What Replaces WebSecurityConfigurerAdapter in Spring Security 5.7? New Config Guide

Anyone who has used WebSecurityConfigurerAdapter knows how central it is to configuring Spring Security , but the class is marked @Deprecated and will be removed in version 5.7.

The community has already closed related issues, and a detailed migration guide was published in March 2021. Below is a concise recap of the replacement approaches.

Version requirement: Spring Security 5.4.x or higher.

HttpSecurity: Old vs New

Old approach:

@Configuration
static class SecurityConfig extends WebSecurityConfigurerAdapter {
    @Override
    protected void configure(HttpSecurity http) throws Exception {
        http
            .antMatcher("/**")
            .authorizeRequests(authorize -> authorize
                .anyRequest().authenticated()
            );
    }
}

New approach:

@Bean
SecurityFilterChain filterChain(HttpSecurity http) throws Exception {
    return http
        .antMatcher("/**")
        .authorizeRequests(authorize -> authorize
            .anyRequest().authenticated()
        )
        .build();
}

WebSecurity: Old vs New

Using WebSecurity.ignoring() to bypass certain URLs is risky because those URLs are not protected against CSRF, XSS, Clickjacking, etc. The examples are for demonstration only.

Old approach:

@Configuration
public class SecurityConfiguration extends WebSecurityConfigurerAdapter {
    @Override
    public void configure(WebSecurity web) {
        // demonstration only
        web.ignoring().antMatchers("/ignore1", "/ignore2");
    }
}

New approach:

@Configuration
public class SecurityConfiguration {
    @Bean
    public WebSecurityCustomizer webSecurityCustomizer() {
        // demonstration only
        return (web) -> web.ignoring().antMatchers("/ignore1", "/ignore2");
    }
}

If you need to ignore URLs, consider using HttpSecurity.authorizeHttpRequests with permitAll instead.

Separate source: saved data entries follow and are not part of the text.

-- ===== src/Executor/Accepted.antt =====
-- src/block/block_executor.cpp: which lists of transactions `ExecuteForStateRoot` accepts.
use blockchain_demo.Prelude.{
  ◌≡◌, ◌<◌, ◌≤◌, ◌⊎◌, inl, inr, ◌↔◌, refl, ◌∙◌, ap, List, [], ◌∷◌, Bool, true, false, Option, none,
  some, All, arith, Bool-cases, Option-cases,
}
use blockchain_demo.Outcome.{done}
use blockchain_demo.Crypto.{Sodium}
use blockchain_demo.Transaction.{Transaction, verify_transaction_signature}
use blockchain_demo.Storage.{Sqlite}
use blockchain_demo.Executor.{
  Draft, is_transfer, is_store_data, account_or_new, stage, stage_transfer, execute_transfer,
  execute_store_data, if_valid, execute_typed, execute_transaction, execute_all,
}

module _ {D : Type 0} ⦃sqlite : Sqlite D⦄ ⦃sodium : Sodium⦄ (db : D) where
  -- The tests that a transaction has to pass, against the stored accounts.
  pub record IsAcceptable (tx : Transaction) : Type 0 where
    pub signed : verify_transaction_signature tx ≡ some true
    pub fresh : (account_or_new db tx.from).nonce < tx.nonce
    pub typed :
        ((is_transfer tx ≡ true) × (tx.amount ≤ (account_or_new db tx.from).balance))
        ⊎ ((is_transfer tx ≡ false) × (is_store_data tx ≡ true))

  transfer-accepted :
      (tx : Transaction) (w : Draft)
      → (account_or_new db tx.from).nonce < tx.nonce
      → tx.amount ≤ (account_or_new db tx.from).balance
      → (w' : Draft) × (execute_transfer db tx w ≡ some w')
  unfolding execute_transfer
  transfer-accepted tx w h k = (stage_transfer db tx w, ground arith)

  transfer-fits :
      (tx : Transaction) (w w' : Draft)
      → execute_transfer db tx w ≡ some w'
      → ((account_or_new db tx.from).nonce < tx.nonce)
        × (tx.amount ≤ (account_or_new db tx.from).balance)
  unfolding execute_transfer
  transfer-fits tx w w' e = ground arith

  store_data-accepted :
      (tx : Transaction) (w : Draft)
      → (account_or_new db tx.from).nonce < tx.nonce
      → (w' : Draft) × (execute_store_data db tx w ≡ some w')
  unfolding execute_store_data
  store_data-accepted tx w h =
      (stage (record (account_or_new db tx.from) { nonce = tx.nonce }) w, ground arith)

  store_data-fits :
      (tx : Transaction) (w w' : Draft)
      → execute_store_data db tx w ≡ some w'
      → (account_or_new db tx.from).nonce < tx.nonce
  unfolding execute_store_data
  store_data-fits tx w w' e = ground arith

  typed-accepted :
      (tx : Transaction) (w : Draft)
      → IsAcceptable tx
      → (w' : Draft) × (execute_typed db tx w ≡ some w')
  unfolding execute_typed
  typed-accepted tx w h = elim h.typed [
    | inl (is, covers) ↦ let (w', e) = transfer-accepted tx w h.fresh covers in (w', rw is e)
    | inr (is_not, is) ↦ let (w', e) = store_data-accepted tx w h.fresh in (w', rw (is_not, is) e)
  ]

  transaction-accepted :
      (tx : Transaction) (w : Draft)
      → IsAcceptable tx
      → (w' : Draft) × (execute_transaction db tx w ≡ some w')
  unfolding execute_transaction
  transaction-accepted tx w h =
      let (w', e) = typed-accepted tx w h in
      (w', ap (λ v. if_valid v (execute_typed db tx w)) h.signed ∙ e)

  typed-fits :
      (tx : Transaction) (w w' : Draft)
      → verify_transaction_signature tx ≡ some true
      → execute_typed db tx w ≡ some w'
      → IsAcceptable tx
  unfolding execute_typed
  typed-fits tx w w' v e = elim (Bool-cases (is_transfer tx)) [
    | inl is ↦
        let fits = transfer-fits tx w w' (ground arith) in
        record { signed = v; fresh = fits.0; typed = inl (is, fits.1) }
    | inr is_not ↦ elim (Bool-cases (is_store_data tx)) [
      | inl is ↦ record {
        signed = v;
        fresh = store_data-fits tx w w' (ground arith);
        typed = inr (is_not, is);
      }
      | inr is_none ↦ ground arith
    ]
  ]

  if_valid-cases :
      (v : Option Bool) (o : Option Draft) (w' : Draft)
      → if_valid v o ≡ some w'
      → (v ≡ some true) × (o ≡ some w')
  if_valid-cases none o w' e = cc
  if_valid-cases (some false) o w' e = cc
  if_valid-cases (some true) o w' e = (refl, e)

  transaction-fits :
      (tx : Transaction) (w w' : Draft) → execute_transaction db tx w ≡ some w' → IsAcceptable tx
  unfolding execute_transaction
  transaction-fits tx w w' e =
      let (signed, ran) = if_valid-cases (verify_transaction_signature tx) _ w' e in
      typed-fits tx w w' signed ran

  txs_accepted :
      (txs : List Transaction) (w : Draft)
      → All IsAcceptable txs
      → (w' : Draft) × (execute_all db txs w ≡ done w')
  unfolding execute_all
  txs_accepted [] w h = (w, refl)
  txs_accepted (tx ∷ txs) w h =
      let (w1, e) = transaction-accepted tx w h.0 in
      let (w2, e2) = txs_accepted txs w1 h.1 in (w2, rw e e2)

  txs_fit :
      (txs : List Transaction) (w w' : Draft)
      → execute_all db txs w ≡ done w'
      → All IsAcceptable txs
  unfolding execute_all
  txs_fit [] w w' h = tt
  txs_fit (tx ∷ txs) w w' h = elim (Option-cases (execute_transaction db tx w)) [
    | inl failed ↦ ground arith
    | inr (w1, e) ↦ (transaction-fits tx w w1 e, txs_fit txs w1 w' (rw e at h))
  ]

  -- The loop of `ExecuteForStateRoot` ends without an exception exactly if every transaction, taken
  -- alone against the accounts as they are stored, is signed, has a higher nonce than its sender, and
  -- is a transfer that the balance of its sender covers or a `STORE_DATA`. Whether the transactions
  -- of one list cover one another's amounts or repeat a nonce is not tested.
  pub execute_all-accepts :
      (txs : List Transaction) (w : Draft)
      → ((w' : Draft) × (execute_all db txs w ≡ done w')) ↔ All IsAcceptable txs
  execute_all-accepts txs w = (λ h. txs_fit txs w h.0 h.1, λ h. txs_accepted txs w h)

AuthenticationManager: Old vs New

The AuthenticationManager can be configured globally or locally.

Old approach

@Configuration
public class SecurityConfiguration extends WebSecurityConfigurerAdapter {
    @Override
    protected void configure(AuthenticationManagerBuilder auth) throws Exception {
        auth.jdbcAuthentication();
    }
}

@Bean(name = "myAuthenticationManager")
@Override
public AuthenticationManager authenticationManagerBean() throws Exception {
    return super.authenticationManagerBean();
}

New approach

Local configuration via HttpSecurity.authenticationManager:

@Configuration
public class SecurityConfiguration {
    @Bean
    public SecurityFilterChain filterChain(HttpSecurity http) throws Exception {
        http
            .authorizeHttpRequests(authz -> authz
                .anyRequest().authenticated()
            )
            .httpBasic(withDefaults())
            .authenticationManager(new CustomAuthenticationManager());
    }
}

Global configuration no longer depends on WebSecurityConfigurerAdapter.authenticationManagerBean(); simply define an AuthenticationManager bean:

@Bean
AuthenticationManager ldapAuthenticationManager(BaseLdapPathContextSource contextSource) {
    LdapBindAuthenticationManagerFactory factory = new LdapBindAuthenticationManagerFactory(contextSource);
    factory.setUserDnPatterns("uid={0},ou=people");
    factory.setUserDetailsContextMapper(new PersonContextMapper());
    return factory.createAuthenticationManager();
}

Alternatively, customize GlobalAuthenticationConfigurerAdapter and inject it into Spring IoC to modify AuthenticationManagerBuilder. Be aware of ordering issues.

Conclusion

Many technical solutions evolve gradually rather than changing abruptly; staying up‑to‑date ensures you adapt smoothly.